*Try it:* Exactly the lines from the one containing "1 + fuel) ≡ false" through the end of the entries, both ends included, are to be output.

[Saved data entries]
━━━━━━

-- ===== src/Window.antt =====
-- The window of a reliable receiver, with no 32-bit numbers: a message is received if it arrives
-- at most 63 behind or ahead of the last one up to which all are received.
use dubuframework.Base.{
  ℕ, zero, suc, ◌+◌, ◌≤◌, ◌≡◌, refl, ◌∙◌, inl, inr, Bool, true, false, arith, ltb, ◌&&◌,
  if◌then◌else◌, update, Bool-cases,
}
use native.Mathlib.Decide.{dec_lt}
use dubuframework.PacketState.{window_count}

-- Message `n` lies within the window round message `k`.
abbrev pub in_window : ℕ → ℕ → Bool
in_window k n = ltb k (n + window_count) && ltb n (k + window_count)

-- The messages received once message `n` has arrived: one out of the window is refused.
abbrev pub admit : ℕ → ℕ → (ℕ → Bool) → ℕ → Bool
admit k n got = if in_window k n then update got n true else got

-- Goes on from `k` as long as the next message is received, `fuel` times at most.
unfoldable pub advance : ℕ → (ℕ → Bool) → ℕ → ℕ
advance zero got k = k
advance (suc fuel) got k = elim (got (k + 1)) [ true ↦ advance fuel got (k + 1) | false ↦ k ]

-- No message past the window is admitted.
pub admit-beyond :
    (k n : ℕ) (got : ℕ → Bool)
    → ((j : ℕ) → k + window_count ≤ j → got j ≡ false)
    → (j : ℕ) → k + window_count ≤ j
    → admit k n got j ≡ false
admit-beyond k n got beyond j le = ground (arith, beyond j le)

-- The count of messages that are ready is where the first gap is.
pub advance_lem :
    (fuel m : ℕ) (got : ℕ → Bool) (k : ℕ)
    → m ≤ fuel
    → ((n : ℕ) → n ≤ k + m → got n ≡ true)
    → got (k + m + 1) ≡ false
    → advance fuel got k ≡ k + m
unfolding advance
advance_lem zero m got k le all gap = omega arith
advance_lem (suc fuel) zero got k le all gap =
    let e : got (k + 1) ≡ false = ground arith in rw (e, advance) (omega arith)
advance_lem (suc fuel) (suc m) got k le all gap =
    let e : got (k + 1) ≡ true = all (k + 1) (omega arith) in
    rw (e, advance)
      (advance_lem fuel m got (k + 1) (omega arith) (λ n le. all n (omega arith)) (ground arith)
        ∙ omega arith)

-- With a gap within the fuel, `advance` ends at the first one.
pub record EndsAtGap (got : ℕ → Bool) (k k' : ℕ) : Type 0 where
  pub forth : k ≤ k'
  pub all : (n : ℕ) → n ≤ k' → got n ≡ true
  pub gap : got (k' + 1) ≡ false

pub all_suc :
    (got : ℕ → Bool) (k : ℕ)
    → ((n : ℕ) → n ≤ k → got n ≡ true)
    → got (k + 1) ≡ true
    → (n : ℕ) → n ≤ k + 1
    → got n ≡ true
all_suc got k all on n le = elim (dec_lt n (k + 1)) [
  | yes p ↦ all n (omega arith)
  | no p ↦ let e : n ≡ k + 1 = omega arith in rw e on
]

pub advance-EndsAtGap :
    (fuel : ℕ) (got : ℕ → Bool) (k : ℕ)
    → ((n : ℕ) → n ≤ k → got n ≡ true)
    → got (k + fuel) ≡ false
    → EndsAtGap got k (advance fuel got k)
unfolding advance
advance-EndsAtGap zero got k all far = cc (all (k + 0) (omega arith))
advance-EndsAtGap (suc fuel) got k all far = elim (Bool-cases (got (k + 1))) [
  | inr off ↦ rw (off, advance) (record { forth = omega arith; all = all; gap = off })
  | inl on ↦
      let e : k + suc fuel ≡ k + 1 + fuel = omega arith in
      let ends = advance-EndsAtGap fuel got (k + 1) (all_suc got k all on) (rw e at far) in
      rw (on, advance)
        (record { forth = omega (arith, ends.forth); all = ends.all; gap = ends.gap })
]

-- There is one such end.
pub gap_unique : (got : ℕ → Bool) {k j a b : ℕ} → EndsAtGap got k a → EndsAtGap got j b → a ≡ b
gap_unique got {a = a} {b = b} p q = elim (dec_lt a b) [
  | yes lt ↦ cc (p.gap, q.all (a + 1) (omega arith))
  | no ge ↦ elim (dec_lt b a) [
    | yes lt ↦ cc (q.gap, p.all (b + 1) (omega arith))
    | no le ↦ omega arith
  ]
]

-- It is the same from the next message on, if that is received.
pub advance_skip :
    (fuel : ℕ) (got : ℕ → Bool) (k : ℕ)
    → ((n : ℕ) → n ≤ k + 1 → got n ≡ true)
    → got (k + fuel) ≡ false
    → got (k + 1 + fuel) ≡ false
    → advance fuel got (k + 1) ≡ advance fuel got k
advance_skip fuel got k all far far' =
    gap_unique got (advance-EndsAtGap fuel got (k + 1) all far')
      (advance-EndsAtGap fuel got k (λ n le. all n (omega arith)) far)

pub advance_stays :
    (fuel : ℕ) (got : ℕ → Bool) (k : ℕ) → got (k + 1) ≡ false → advance fuel got k ≡ k
unfolding advance
advance_stays zero got k gap = refl
advance_stays (suc fuel) got k gap = rw (gap, advance)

━━━━━━

*Answer to this task:*
    → got (k + 1 + fuel) ≡ false
    → advance fuel got (k + 1) ≡ advance fuel got k
advance_skip fuel got k all far far' =
    gap_unique got (advance-EndsAtGap fuel got (k + 1) all far')
      (advance-EndsAtGap fuel got k (λ n le. all n (omega arith)) far)

pub advance_stays :
    (fuel : ℕ) (got : ℕ → Bool) (k : ℕ) → got (k + 1) ≡ false → advance fuel got k ≡ k
unfolding advance
advance_stays zero got k gap = refl
advance_stays (suc fuel) got k gap = rw (gap, advance)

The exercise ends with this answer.